The throbbing pain in her jaw brought her back. Her eyes opened and she blinked. There was only the flame from one small candle on a rickety wooden table near her. The rest of the chamber was in darkness. She tried to sit up but realized quickly enough that her hands were tied above her head to the slats of a narrow bed that didn’t smell too clean.

“Well, you’re awake. I didn’t mean to hit you so hard, but you deserved it. Think of it as a lesson, one that will be repeated whenever you fail to obey me with proper dispatch and eagerness. Your jaw isn’t broken, I’ve already felt it. Now, my dear, you are nineteen years old. You have come into your inheritance and you will shortly marry. What do you think?”

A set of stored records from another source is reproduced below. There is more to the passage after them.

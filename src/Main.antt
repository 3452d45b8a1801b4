-- ===== src/Main.antt =====
-- ddb/__main__.py: the run of the program. What its steps do to the other parts is a parameter, but for
-- `reset`, which is written out on the parts' own states.
pub mod Bindings
pub mod Load
pub mod Watch
pub mod Exit
mod Samples
use docker_devbox_ddb.Prelude.{
  Eq, ℕ, String, Bool, true, false, not, Option, none, some, List, [], ◌∷◌, is_empty, Result, ok,
  err, if◌then◌else◌,
}
use docker_devbox_ddb.Prelude.Exec.{Exec, pure, raise, modify, and_then, ◌>>◌, ◌>>=◌}
use docker_devbox_ddb.Registry.{Registry, close}
use docker_devbox_ddb.Bus.{Bus, clear}
use docker_devbox_ddb.Context.{Context, reset}

-- The module-level objects of the program: the bus, the registries of objects `O`, the context, the
-- available features, and the rest of the world
pub record Program (L O C X W : Type 0) : Type 0 where
  pub bus : Bus L
  pub features : Registry O
  pub phases : Registry O
  pub commands : Registry O
  pub actions : Registry O
  pub services : Registry O
  pub caches : Registry O
  pub context : Context C X
  pub available_features : List O
  pub world : W

-- `ExpectedError`, and subclasses of `Exception`; `SystemExit` and `KeyboardInterrupt` are not.
pub record Errors (X : Type 0) : Type 0 where
  pub is_expected : X → Bool
  pub is_exception : X → Bool

pub record Args : Type 0 where
  pub version : Bool
  pub silent : Bool
  pub fail_fast : Bool

-- What `parse_command_line` gives: a command line, or the arguments of a `ParseCommandLineException`
-- and that exception
pub data Parsed (X : Type 0) : Type 0 where
  command_line : Args → Parsed X
  no_command : Args → X → Parsed X

module _ {L O C X W : Type 0} where
  -- `reset`, with the default list of features; the binaries, configuration and working directory are
  -- in the rest of the world.
  unfoldable pub reset_program :
      ⦃e : Eq O⦄ → List O → (W → W) → Program L O C X W → Program L O C X W
  reset_program default_features reset_world p = record {
    bus = clear p.bus;
    features = (close p.features).0;
    phases = (close p.phases).0;
    commands = (close p.commands).0;
    actions = (close p.actions).0;
    services = (close p.services).0;
    caches = (close p.caches).0;
    context = reset;
    available_features = default_features;
    world = reset_world p.world;
  }

-- The steps of `main`
pub record Steps (S X : Type 0) : Type 0 where
  pub load_plugins : Exec S X Unit
  pub bootstrap_register_features : Exec S X Unit
  pub preload_registered_features : Exec S X Unit
  pub parse_command_line : Exec S X (Parsed X)
  pub set_args : Args → S → S
  pub print_help : S → S
  pub load_registered_features : Exec S X Unit
  pub register_actions : Bool → Exec S X Unit
  pub version : Bool → Exec S X Unit
  pub prepare_project_home : Exec S X Unit
  pub register_default_caches : Exec S X Unit
  pub on_config_reloaded : Exec S X Unit
  pub start : Exec S X Unit
  pub handle_command_line : Exec S X Unit
  pub terminate : Exec S X Unit
  pub exceptions : S → List X
  pub clear_caches : Exec S X Unit
  pub change_back : S → S
  pub reset : S → S

module _ {S X : Type 0} (errors : Errors X) (steps : Steps S X) where
  open steps use {
    load_plugins, bootstrap_register_features, preload_registered_features, parse_command_line,
    set_args, print_help, load_registered_features, register_actions, version, prepare_project_home,
    register_default_caches, on_config_reloaded, start, handle_command_line, terminate, exceptions,
    clear_caches, change_back, reset as reset_all,
  }

  -- The `except ParseCommandLineException`: the arguments are kept, and `--version` needs no command.
  abbrev pub take_args : Parsed X → Exec S X Args
  take_args (command_line args) s = (set_args args s, ok args)
  take_args (no_command args x) s =
      if args.version then (set_args args s, ok args) else (print_help (set_args args s), err x)

  abbrev pub run_command : Exec S X (List X)
  run_command s =
      (prepare_project_home
          >> (register_default_caches
              >> (on_config_reloaded
                  >> (start
                      >> (handle_command_line >> (terminate >> (λ t. (t, ok (exceptions t)))))))))
        s

  abbrev pub run_args : Args → Exec S X (List X)
  run_args args s =
      (load_registered_features
          >> (register_actions args.fail_fast
              >> (if args.version
                  then (version args.silent >> (λ t. (t, ok [])))
                  else run_command)))
        s

  -- The body of the `try`
  unfoldable pub body : Exec S X (List X)
  body s =
      (load_plugins
          >> (bootstrap_register_features
              >> (preload_registered_features
                  >> ((parse_command_line >>= take_args) >>= run_args))))
        s

  -- What `clear_caches` raises is logged, if it is an `Exception`.
  abbrev pub after_clear : X → S × Result X (Unit {0}) → S × Result X (List X)
  after_clear x (s, ok u) = (s, err x)
  after_clear x (s, err y) = if errors.is_exception y then (s, err x) else (s, err y)

  -- The `except` clauses
  abbrev pub handle : S × Result X (List X) → S × Result X (List X)
  handle (s, ok xs) = (s, ok xs)
  handle (s, err x) =
      if errors.is_expected x
      then (s, ok (x ∷ []))
      else if errors.is_exception x
      then after_clear x (clear_caches s)
      else (s, err x)

  -- The `finally` clause
  abbrev pub finish : Bool → S × Result X (List X) → S × Result X (List X)
  finish reset_disabled (s, r) =
      (if reset_disabled then change_back s else reset_all (change_back s), r)

  -- `main`
  unfoldable pub main : Bool → Exec S X (List X)
  unfolding body
  main reset_disabled s = finish reset_disabled (handle (body s))

-- The process's exit code of `console_script`; `none` where another exception ends the process
unfoldable pub exit_code : {X : Type 0} → (X → Bool) → Result X (List X) → Option ℕ
exit_code is_parse_error (ok xs) = if is_empty xs then some 0 else some 1
exit_code is_parse_error (err x) = if is_parse_error x then some 1 else none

“I think you’re quite mad.”

“Then you can spend a lot of time on your knees praying our children won’t inherit the madness. Ah, yes, there will be children, my dear, as many as I can plant in your belly. I plan to keep you pregnant. A big belly tends to keep a woman lumbering along slowly, all her attention on the babe, on all her little aches and pains. It keeps her silent. Who knows? After birthing a good dozen children perhaps you’ll turn into a model wife. I doubt it, but who can say for sure?”

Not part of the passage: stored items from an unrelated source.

-- ===== src/Prelude/Sorting.antt =====
-- Python's `sorted(xs, key=...)`: a stable sort, by insertion.
use mathlib.Core.Path.{◌≡◌, refl, ap, ◌∙◌}
use mathlib.Core.Bool.{Bool, true, false}
use mathlib.Core.List.{List, [], ◌∷◌, Perm}
use mathlib.Core.List.Perm
use native.Mathlib.Omega.{arith}
use docker_devbox_ddb.Prelude.Tests.{if◌then◌else◌, Bool-cases}
use docker_devbox_ddb.Prelude.Lists.{select, All}
use mathlib.Core.Logic.{inl, inr}

-- A total preorder on keys, as a test
pub record KeyOrder (K : Type 0) : Type 0 where
  pub le : K → K → Bool
  pub total : (a b : K) → le a b ≡ false → le b a ≡ true
  pub trans : (a b c : K) → le a b ≡ true → le b c ≡ true → le a c ≡ true

module _ {A K : Type 0} (order : KeyOrder K) (key : A → K) where
  -- In front of the first element with a key that is not less
  unfoldable pub insert_by : A → List A → List A
  insert_by x [] = x ∷ []
  insert_by x (y ∷ ys) = if order.le (key x) (key y) then x ∷ y ∷ ys else y ∷ insert_by x ys

  unfoldable pub sort_by : List A → List A
  unfolding insert_by
  sort_by [] = []
  sort_by (x ∷ xs) = insert_by x (sort_by xs)

  -- Each key is at most every later one.
  abbrev pub IsSortedBy : List A → Type 0
  IsSortedBy [] = Unit
  IsSortedBy (x ∷ xs) = All (λ y. order.le (key x) (key y) ≡ true) xs × IsSortedBy xs

  pub insert_by-perm : (x : A) (xs : List A) → Perm (insert_by x xs) (x ∷ xs)
  unfolding insert_by
  insert_by-perm x [] = Perm.refl _
  insert_by-perm x (y ∷ ys) = elim (Bool-cases (order.le (key x) (key y))) [
    | inl le ↦ rw le (Perm.refl _)
    | inr gt ↦ rw gt (Perm.trans (Perm.cons y (insert_by-perm x ys)) (Perm.swap x y ys))
  ]

  pub sort_by-perm : (xs : List A) → Perm (sort_by xs) xs
  unfolding sort_by
  sort_by-perm [] = Perm.refl _
  sort_by-perm (x ∷ xs) = Perm.trans (insert_by-perm x (sort_by xs)) (Perm.cons x (sort_by-perm xs))

  All-insert_by : (P : A → Type 0) (x : A) (xs : List A) → P x → All P xs → All P (insert_by x xs)
  unfolding insert_by
  All-insert_by P x [] px ps = (px, tt)
  All-insert_by P x (y ∷ ys) px ps = elim (Bool-cases (order.le (key x) (key y))) [
    | inl le ↦ rw le (px, ps)
    | inr gt ↦ rw gt (ps.0, All-insert_by P x ys px ps.1)
  ]

  All-le_trans :
      (a b : K) (xs : List A)
      → order.le a b ≡ true
      → All (λ y. order.le b (key y) ≡ true) xs
      → All (λ y. order.le a (key y) ≡ true) xs
  All-le_trans a b [] h p = tt
  All-le_trans a b (x ∷ xs) h p = (order.trans a b (key x) h p.0, All-le_trans a b xs h p.1)

  insert_by-IsSortedBy : (x : A) (xs : List A) → IsSortedBy xs → IsSortedBy (insert_by x xs)
  unfolding insert_by
  insert_by-IsSortedBy x [] s = (tt, tt)
  insert_by-IsSortedBy x (y ∷ ys) s = elim (Bool-cases (order.le (key x) (key y))) [
    | inl le ↦ rw le ((le, All-le_trans (key x) (key y) ys le s.0), s)
    | inr gt ↦ rw gt (
      All-insert_by (λ z. order.le (key y) (key z) ≡ true) x ys (order.total (key x) (key y) gt)
          s.0,
      insert_by-IsSortedBy x ys s.1,
    )
  ]

  pub sort_by-IsSortedBy : (xs : List A) → IsSortedBy (sort_by xs)
  unfolding sort_by
  sort_by-IsSortedBy [] = tt
  sort_by-IsSortedBy (x ∷ xs) = insert_by-IsSortedBy x (sort_by xs) (sort_by-IsSortedBy xs)

  -- Elements that are chosen by a test whose elements all have keys that are as small as each
  -- other's keep their order.
  abbrev pub AreTied : (A → Bool) → Type 0
  AreTied test = (x y : A) → test x ≡ true → test y ≡ true → order.le (key x) (key y) ≡ true

  select-insert_by :
      (test : A → Bool)
      → AreTied test
      → (x : A) (xs : List A) → select test (insert_by x xs) ≡ select test (x ∷ xs)
  unfolding insert_by select
  select-insert_by test tied x [] = refl
  select-insert_by test tied x (y ∷ ys) = elim (Bool-cases (order.le (key x) (key y))) [
    | inl le ↦ rw le refl
    | inr gt ↦ elim (Bool-cases (test y)) [
      | inr out ↦ rw (gt, out) (select-insert_by test tied x ys)
      | inl there ↦ elim (Bool-cases (test x)) [
        | inl both ↦
            absurd (let e : order.le (key x) (key y) ≡ true = tied x y both there in ground arith)
        | inr out ↦ rw (gt, there, out) (ap (◌∷◌ y) (select-insert_by test tied x ys ∙ rw out refl))
      ]
    ]
  ]

  pub select-sort_by :
      (test : A → Bool) → AreTied test → (xs : List A) → select test (sort_by xs) ≡ select test xs
  unfolding sort_by select
  select-sort_by test tied [] = refl
  select-sort_by test tied (x ∷ xs) =
      select-insert_by test tied x (sort_by xs)
      ∙ ap (λ l. if test x then x ∷ l else l) (select-sort_by test tied xs)

  pub All-sort_by : (P : A → Type 0) (xs : List A) → All P xs → All P (sort_by xs)
  unfolding sort_by
  All-sort_by P [] p = tt
  All-sort_by P (x ∷ xs) p = All-insert_by P x (sort_by xs) p.0 (All-sort_by P xs p.1)

  All-uninserted : (P : A → Type 0) (x : A) (ys : List A) → All P (insert_by x ys) → P x × All P ys
  unfolding insert_by
  All-uninserted P x [] p = p
  All-uninserted P x (y ∷ ys) p = split (order.le (key x) (key y)) (All-uninserted P x ys) p
    where
      split :
          (b : Bool)
          → (All P (insert_by x ys) → P x × All P ys)
          → All P (if b then x ∷ y ∷ ys else y ∷ insert_by x ys)
          → P x × (P y × All P ys)
      split true ih q = q
      split false ih q = let r = ih q.1 in (r.0, (q.0, r.1))

  pub All-unsorted : (P : A → Type 0) (xs : List A) → All P (sort_by xs) → All P xs
  unfolding sort_by
  All-unsorted P [] p = tt
  All-unsorted P (x ∷ xs) p =
      let q = All-uninserted P x (sort_by xs) p in (q.0, All-unsorted P xs q.1)

  All-select : (P : A → Type 0) (test : A → Bool) (xs : List A) → All P xs → All P (select test xs)
  unfolding select
  All-select P test [] p = tt
  All-select P test (x ∷ xs) p = elim (Bool-cases (test x)) [
    | inl here ↦ rw here (p.0, All-select P test xs p.1)
    | inr out ↦ rw out (All-select P test xs p.1)
  ]

  pub select-IsSortedBy :
      (test : A → Bool) (xs : List A) → IsSortedBy xs → IsSortedBy (select test xs)
  unfolding select
  select-IsSortedBy test [] s = tt
  select-IsSortedBy test (x ∷ xs) s = elim (Bool-cases (test x)) [
    | inl here ↦ rw here (
      All-select (λ y. order.le (key x) (key y) ≡ true) test xs s.0,
      select-IsSortedBy test xs s.1,
    )
    | inr out ↦ rw out (select-IsSortedBy test xs s.1)
  ]

  pub le_refl : (a : K) → order.le a a ≡ true
  le_refl a = elim (Bool-cases (order.le a a)) [ inl le ↦ le | inr gt ↦ order.total a a gt ]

“Where did you get that idiot bit of wisdom?”

He just smiled and sat down beside her on the narrow bed. She froze and he saw it and smiled more widely. “I know you’re afraid, though you’ll try your best not to show it to me. You’re like your father in that. I remember when we were boys how he led the rest of us into trouble that made his parents’ hair rise off their necks, but he tried
desperately never to show fear; he scoffed at any of us who did. So I know you’re terrified, no use in your trying to hide it. Scream and cry if you like. I care not. Actually it would add spice to our proceedings. No one will hear you. No one will come to your aid. Now, shall we get on with our fleshly revels?”

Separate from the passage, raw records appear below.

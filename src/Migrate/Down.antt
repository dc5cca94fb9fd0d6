-- ===== src/Migrate/Down.antt =====
-- Down rolls the newest versions back, in order, and no more than it was asked to.
use mathlib.Core.List.{append_assoc, append-nil}
use ai_it_dab_com.Prelude.Faults.{fails, later}
use ai_it_dab_com.Prelude.{
  ℕ, zero, suc, ◌≤◌, String, ◌≡◌, refl, sym, ◌∙◌, ap, Option, some, List, [], ◌∷◌, ◌++◌, arith,
  ◌==◌, eq_iff, Bool-cases, Option-cases, inl, inr, length,
}
use ai_it_dab_com.Prelude.Int.{ℤ}
use ai_it_dab_com.Migrate.{
  Migration, Row, MigrateDb, versions_of, sort_versions, reverse_onto, by_version, delete_version,
  sent, applied_versions, run_down, down_loop, step_count, down,
}

abbrev pub delete_all : List String → List Row → List Row
delete_all [] rs = rs
delete_all (v ∷ vs) rs = delete_all vs (delete_version v rs)

by_version-some :
    (v : String) (ms : List Migration) {m : Migration} → by_version v ms ≡ some m → m.version ≡ v
by_version-some v [] h = cc
by_version-some v (n ∷ ns) {m} h = elim (Option-cases (by_version v ns)) [
  | inr (k, e) ↦ (let same : k ≡ m = cc (rw e at h) in rw (← same) (by_version-some v ns e))
  | inl e ↦ elim (Bool-cases (n.version == v)) [
    | inl hit ↦
        (let same : n ≡ m = cc (rw (e, hit) at h) in rw (← same) ((eq_iff n.version v).0 hit))
    | inr missed ↦ cc (rw (e, missed) at h)
  ]
]

-- What a run of Down did, for the newest-first `order` and at most `steps` versions: `new` is the
-- order's front, and just its versions are gone from the rows.
pub record IsRolledBack (order : List String) (steps : ℕ) (new : List String) (s t : List Row)
    : Type 0 where
  pub rest : List String
  pub front : order ≡ new ++ rest
  pub rows : t ≡ delete_all new s
  pub bound : length new ≤ steps

module _ {Schema : Type 0} (exec : String → Schema → Option Schema) where
  run_down-some :
      (m : Migration) (s : MigrateDb Schema) {t : MigrateDb Schema}
      → run_down exec m s ≡ some t
      → t.rows ≡ delete_version m.version s.rows
  unfolding run_down
  run_down-some m s {t} h = elim (Bool-cases (fails s.faults)) [
    | inl down ↦ cc (rw down at h)
    | inr sound ↦ elim (Option-cases (exec m.down s.schema)) [
      | inl bad ↦ cc (rw (sound, bad) at h)
      | inr (d, e) ↦ (let made = rw (sound, e) at h in cc made)
    ]
  ]

  down_loop-IsRolledBack :
      (migs : List Migration) (order : List String) (steps : ℕ) (reverted : List String)
      (s : MigrateDb Schema)
      → let (o, t) = down_loop exec migs order steps reverted s in
        (new : List String) × (o.versions ≡ reverted ++ new)
        × IsRolledBack order steps new s.rows t.rows
  unfolding down_loop
  down_loop-IsRolledBack migs [] steps reverted s = (
    [],
    sym (append-nil reverted),
    record { rest = []; front = refl; rows = refl; bound = omega arith },
  )
  down_loop-IsRolledBack migs (v ∷ vs) zero reverted s = (
    [],
    sym (append-nil reverted),
    record { rest = v ∷ vs; front = refl; rows = refl; bound = omega arith },
  )
  down_loop-IsRolledBack migs (v ∷ vs) (suc steps) reverted s =
      let nothing = sym (append-nil reverted) in
      elim (Option-cases (by_version v migs)) [
        | inl e ↦
            rw e (
              [],
              nothing,
              record { rest = v ∷ vs; front = refl; rows = refl; bound = omega arith },
            )
        | inr (m, e) ↦ elim (Option-cases (run_down exec m s)) [
          | inl bad ↦
              rw (e, bad)
                (
                  [],
                  nothing,
                  record { rest = v ∷ vs; front = refl; rows = refl; bound = omega arith },
                )
          | inr (t, ran) ↦
              let (new, told, back) = down_loop-IsRolledBack migs vs steps (reverted ++ v ∷ []) t in
              let gone =
                run_down-some m s ran
                ∙ ap (λ x. delete_version x s.rows) (by_version-some v migs e) in
              rw (e, ran)
                (
                  v ∷ new,
                  told ∙ append_assoc reverted (v ∷ []) new,
                  record {
                    rest = back.rest;
                    front = ap (λ x. v ∷ x) back.front;
                    rows = back.rows ∙ ap (delete_all new) gone;
                    bound = omega (arith, back.bound);
                  },
                )
        ]
      ]

  -- Down reports the front of the applied versions, newest first, at most as many as it was asked to
  -- roll back (one, where it was asked for none or fewer), and schema_migrations has lost the rows of
  -- just those versions, also where it stopped at an error.
  pub down-IsRolledBack :
      (migs : List Migration) (steps : ℤ) (s : MigrateDb Schema)
      → let (o, t) = down exec migs steps s in
        IsRolledBack
          (reverse_onto [] (sort_versions (versions_of s.rows)))
          (step_count exec steps)
          o.versions
          s.rows
          t.rows
  unfolding down applied_versions
  down-IsRolledBack migs steps s =
      let order = reverse_onto [] (sort_versions (versions_of s.rows)) in
      elim (Bool-cases (fails s.faults)) [
        | inl e ↦ rw e (record { rest = order; front = refl; rows = refl; bound = omega arith })
        | inr e ↦ elim (Bool-cases (fails (later s.faults))) [
          | inl e' ↦
              rw (e, e') (record { rest = order; front = refl; rows = refl; bound = omega arith })
          | inr e' ↦
              let (new, told, back) =
                down_loop-IsRolledBack migs order (step_count exec steps) [] (sent (sent s)) in
              rw (e, e', told) back
        ]
      ]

“I think you’d best wait a moment, Mr. Ffalkes.”

“My name is Roland. Since you will be my wife shortly, I think it appropriate for you to call me by my given name. I now give you my permission to do so.”

“I will call you fool. No, old fool. That surely fits you the best.”

He struck her cheek with his open palm. The sharp, stinging heat of the blow made her gasp, but even that she managed to hold in. No, she wouldn’t show him fear, but dear God it was difficult, so very difficult.